Stored items
:::::

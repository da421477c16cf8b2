-- ===== src/Fill/Payload.antt =====
-- The payload that the format assigns to a byte string (docs/abicase-format.md 5.2), and that
-- `abi_fill_write` of libabi/src/fill.c writes it.
use arrow_abi_doctor.Base.{
  ℕ, ◌^◌, ◌<◌, ◌≡◌, ◌⊎◌, inl, inr, arith, List, [], ◌++◌, Bool, length, take, ◌==◌, if◌then◌else◌,
}
use arrow_abi_doctor.Bytes.{store_u32}
use arrow_abi_doctor.Buffer.Writes.{Writes, done-Writes, then-Writes, put-Writes, u32-Writes}
use arrow_abi_doctor.Fill.{fill_raw, fill_zero, fill_rle, fill_pattern, fill_choose, fill_write}
use arrow_abi_doctor.Fill.Runs.{runs}
use arrow_abi_doctor.Fill.Scan.{run_bytes, write_runs-Writes}

unfoldable pub payload : List ℕ → List ℕ
payload bs =
    let c = fill_choose bs in
    if c.fill == fill_zero
    then []
    else if c.fill == fill_raw
    then bs
    else if c.fill == fill_pattern
    then store_u32 c.period ++ take c.period bs
    else store_u32 c.run_count ++ run_bytes (runs bs)

module _ (bs : List ℕ) where
  pub payload_zero : (fill_choose bs).fill ≡ fill_zero → payload bs ≡ []
  unfolding payload
  payload_zero e = simp e

  pub payload_raw : (fill_choose bs).fill ≡ fill_raw → payload bs ≡ bs
  unfolding payload
  payload_raw e = simp e

  pub payload_pattern :
      (fill_choose bs).fill ≡ fill_pattern
      → payload bs ≡ store_u32 (fill_choose bs).period ++ take (fill_choose bs).period bs
  unfolding payload
  payload_pattern e = simp e

  pub payload_rle :
      (fill_choose bs).fill ≡ fill_rle
      → payload bs ≡ store_u32 (fill_choose bs).run_count ++ run_bytes (runs bs)
  unfolding payload
  payload_rle e = simp e

-- The choice is one of the four codes.
pub fill_choose_cases :
    (bs : List ℕ)
    → let c = fill_choose bs in
      (c.fill ≡ fill_zero) ⊎ (c.fill ≡ fill_raw) ⊎ (c.fill ≡ fill_pattern) ⊎ (c.fill ≡ fill_rle)
unfolding fill_choose
fill_choose_cases bs = ground arith

-- The writer, given the choice, writes the payload.
pub fill_write-Writes :
    (realloc : ℕ → Bool) (bs : List ℕ)
    → length bs < 2 ^ 32
    → let c = fill_choose bs in
      Writes realloc (fill_write realloc bs c.fill c.period c.run_count) (payload bs)
unfolding fill_write
fill_write-Writes realloc bs small = elim (fill_choose_cases bs) [
  | inl e ↦ rw (payload_zero bs e) (simp e (done-Writes realloc))
  | inr (inl e) ↦ rw (payload_raw bs e) (simp e (put-Writes realloc bs))
  | inr (inr (inl e)) ↦
      rw (payload_pattern bs e)
        (simp e (then-Writes realloc (u32-Writes realloc _) (put-Writes realloc _)))
  | inr (inr (inr e)) ↦ rw (payload_rle bs e) (
      simp e (
        then-Writes realloc (u32-Writes realloc _)
          (write_runs-Writes realloc (length bs) bs (omega arith) small)))
]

:::::

### PROMPT
Copy nothing except the lines from the one holding "(c.fill ≡ fill_zero)" through the last line of the data above, and return them exactly.

### RESPONSE FOR THIS EXERCISE
      (c.fill ≡ fill_zero) ⊎ (c.fill ≡ fill_raw) ⊎ (c.fill ≡ fill_pattern) ⊎ (c.fill ≡ fill_rle)
unfolding fill_choose
fill_choose_cases bs = ground arith

-- The writer, given the choice, writes the payload.
pub fill_write-Writes :
    (realloc : ℕ → Bool) (bs : List ℕ)
    → length bs < 2 ^ 32
    → let c = fill_choose bs in
      Writes realloc (fill_write realloc bs c.fill c.period c.run_count) (payload bs)
unfolding fill_write
fill_write-Writes realloc bs small = elim (fill_choose_cases bs) [
  | inl e ↦ rw (payload_zero bs e) (simp e (done-Writes realloc))
  | inr (inl e) ↦ rw (payload_raw bs e) (simp e (put-Writes realloc bs))
  | inr (inr (inl e)) ↦
      rw (payload_pattern bs e)
        (simp e (then-Writes realloc (u32-Writes realloc _) (put-Writes realloc _)))
  | inr (inr (inr e)) ↦ rw (payload_rle bs e) (
      simp e (
        then-Writes realloc (u32-Writes realloc _)
          (write_runs-Writes realloc (length bs) bs (omega arith) small)))
]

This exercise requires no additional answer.